Kekhawatiran yang Lebih Besar
Pasar saham di seluruh dunia juga anjlok, dengan investor ketakutan oleh wabah. Ada aksi jual di sejumlah pasar Asia pekan lalu, kata Taylor, "karena investor merasa sulit untuk menilai ketidakpastian semacam ini". “Tentu saja ketika anda mendapatkan aksi jual semacam ini, itu cenderung meningkatkan biaya pendanaan untuk peminjam. Perusahaan ingin pergi dan meminjam di pasar-pasar, tapi itu akan lebih mahal. "

Bisnis telah mengurangi produksi dan perdagangan karena pabrik-pabrik di China dan tempat lain tutup sementara, termasuk yang dijalankan oleh Nissan, Tesla dan Foxconn, pemasok utama Apple. Gangguan rantai pasokan apa pun di China, pabrik dunia, dapat berpengaruh melalui rantai pasokan global dan memengaruhi negara-negara seperti Malaysia, Thailand, dan Vietnam, yang merupakan bagian dari rantai pasokan Tiongkok yang lebih besar.

Layanan logistik juga akan terpengaruh, yang akan memberikan pukulan lebih lanjut ke rantai pasokan ini.

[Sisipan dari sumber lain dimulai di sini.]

-- ===== src/Cli/Sound.antt =====
-- What holds of the settings after every option.
use mathlib.Core.List.{cons-ne-nil}
use bialet.Cli.Parse.{set_root, handle_positional}
use bialet.Prelude.{
  ltb, ◌==◌, ◌≢◌, ◌||◌, length, length-take, if◌then◌else◌, Option, codes, arith, ◌≤◌, ◌≡◌, str_eq,
  ◌∷◌, Bool, Bytes, ℕ, none, some, true, false, [], refl,
}
use bialet.Cli.{
  long_of, text_of, refused, OptId, CliAction, set_log, set_max_post, set_port, Env, cli_error,
  Settings, set_option, invalid,
}
use bialet.Cli.{
  port, host, help, run, validate, tests, version, log, db, wal, ignore, mem_soft, mem_hard,
  cpu_soft, cpu_hard, max_post, quiet,
}

-- The port is one, the message fits its buffer with a NUL, and there is one for an invalid line.
pub record Sound (config_port : ℕ) (error : Bytes) (action : CliAction) : Type 0 where
  pub port_fits : config_port ≤ 65535
  pub error_fits : length error ≤ 255
  pub explained : action ≡ invalid → error ≢ []

abbrev pub IsSound : Settings → Type 0
IsSound s = Sound s.config_port s.error s.action

pub if-IsSound :
    (b : Bool) (x y : Settings)
    → (b ≡ true → IsSound x)
    → (b ≡ false → IsSound y)
    → IsSound (if b then x else y)
if-IsSound true x y f g = f refl
if-IsSound false x y f g = g refl

pub cli_error-IsSound :
    (c : ℕ) (text : Bytes) (s : Settings) → IsSound s → IsSound (cli_error (c ∷ text) s)
unfolding cli_error
cli_error-IsSound c text s g = record {
  port_fits = g.port_fits;
  error_fits = omega (arith, length-take 255 (c ∷ text));
  explained = λ e. cons-ne-nil _ _;
}

set_port-IsSound : (value : Bytes) (s : Settings) → IsSound s → IsSound (set_port value s)
set_port-IsSound value s g =
    if-IsSound (refused (long_of value) || ltb 65535 (long_of value).1) _ _
      (λ e. cli_error-IsSound _ _ s g)
      (λ e. record { port_fits = ground arith; error_fits = g.error_fits; explained = g.explained })

set_log-IsSound :
    (env : Env) (value : Bytes) (s : Settings) → IsSound s → IsSound (set_log env value s)
set_log-IsSound env value s g =
    if-IsSound (env.opens value) _ _ (λ e. g) (λ e. cli_error-IsSound _ _ s g)

set_max_post-IsSound : (value : Bytes) (s : Settings) → IsSound s → IsSound (set_max_post value s)
set_max_post-IsSound value s g =
    if-IsSound (refused (long_of value) || (long_of value).1 == 0) _ _
      (λ e. cli_error-IsSound _ _ s g) (λ e. g)

pub set_option-IsSound :
    (env : Env) (id : OptId) (value : Option Bytes) (s : Settings)
    → IsSound s
    → IsSound (set_option env id value s)
unfolding set_option
set_option-IsSound env port value s g = set_port-IsSound (text_of value) s g
set_option-IsSound env host value s g = g
set_option-IsSound env help value s g = record {
  port_fits = g.port_fits;
  error_fits = g.error_fits;
  explained = λ e. absurd cc;
}
set_option-IsSound env run value s g = g
set_option-IsSound env validate value s g = g
set_option-IsSound env tests none s g = g
set_option-IsSound env tests (some v) s g = g
set_option-IsSound env version value s g = record {
  port_fits = g.port_fits;
  error_fits = g.error_fits;
  explained = λ e. absurd cc;
}
set_option-IsSound env log value s g = set_log-IsSound env (text_of value) s g
set_option-IsSound env db value s g = g
set_option-IsSound env wal value s g = g
set_option-IsSound env ignore value s g = g
set_option-IsSound env mem_soft value s g =
    if-IsSound (refused (long_of (text_of value))) _ _ (λ e. cli_error-IsSound _ _ s g) (λ e. g)
set_option-IsSound env mem_hard value s g =
    if-IsSound (refused (long_of (text_of value))) _ _ (λ e. cli_error-IsSound _ _ s g) (λ e. g)
set_option-IsSound env cpu_soft value s g =
    if-IsSound (refused (long_of (text_of value))) _ _ (λ e. cli_error-IsSound _ _ s g) (λ e. g)
set_option-IsSound env cpu_hard value s g =
    if-IsSound (refused (long_of (text_of value))) _ _ (λ e. cli_error-IsSound _ _ s g) (λ e. g)
set_option-IsSound env max_post value s g = set_max_post-IsSound (text_of value) s g
set_option-IsSound env quiet value s g = g

pub set_root-IsSound : (arg : Bytes) (s : Settings) → IsSound s → IsSound (set_root arg s)
set_root-IsSound arg s g = if-IsSound s.root_set _ _ (λ e. g) (λ e. g)

pub handle_positional-IsSound :
    (arg : Bytes) (s : Settings) → IsSound s → IsSound (handle_positional arg s)
unfolding handle_positional
handle_positional-IsSound arg s g =
    if-IsSound (str_eq arg (codes "dev")) _ _ (λ e. g) (λ e. set_root-IsSound arg s g)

Provinsi Hubei, misalnya, adalah pusat logistik besar bagi Cina, dan mewakili sekitar tujuh persen dari PDB negara itu, kata Taylor. "Ini cukup signifikan, dan berada di tengah-tengah banyak jaringan transportasi. Provinsi-provinsi di bawah penguncian yang efektif saat ini memang memiliki dampak dalam hal distribusi, rantai pasokan, dan sebagainya."

Tetapi Mathur percaya bahwa rantai pasokan dapat dengan cepat dikembalikan. "Jika anda melihat tingkat pemanfaatan kapasitas di Asia saat ini, mereka secara signifikan kurang optimal. Jadi ada ruang untuk memperluas output itu, "tambahnya. "Begitu mereka kembali bekerja, alih-alih memproduksi, katakanlah, 10 iPhone sehari, mereka tentu dapat meningkatkannya menjadi 50."

Sebaiknya Wait and See Terlebih Dahulu
Selama periode SARS, pasar global terkoreksi karena wabah memburuk dan hanya mencapai titik terendah ketika tingkat infeksi memuncak. Tetapi ada pemulihan yang tajam ketika jumlah kasus baru mulai stabil. Jadi akankah ada reaksi yang sama kali ini, ketika China memiliki pengaruh yang lebih besar pada pasar keuangan, dan reaksi pasar China dapat membuat tidak stabil atau menenangkan?

Ahli strategi senior Credit Suisse Asia-Pasifik Suresh Tantia menyarankan investor untuk "tetap di sela-sela" saat ini. "Kami menyarankan menunggu kasus-kasus baru ini memuncak sebelum investor mencari harga murah di ekuitas China," katanya. "Melihat pasar Asia lainnya, kami akan menyarankan investor untuk menunggu kejelasan dan untuk ketidakpastian dihapus sebelum mereka mulai berburu aset."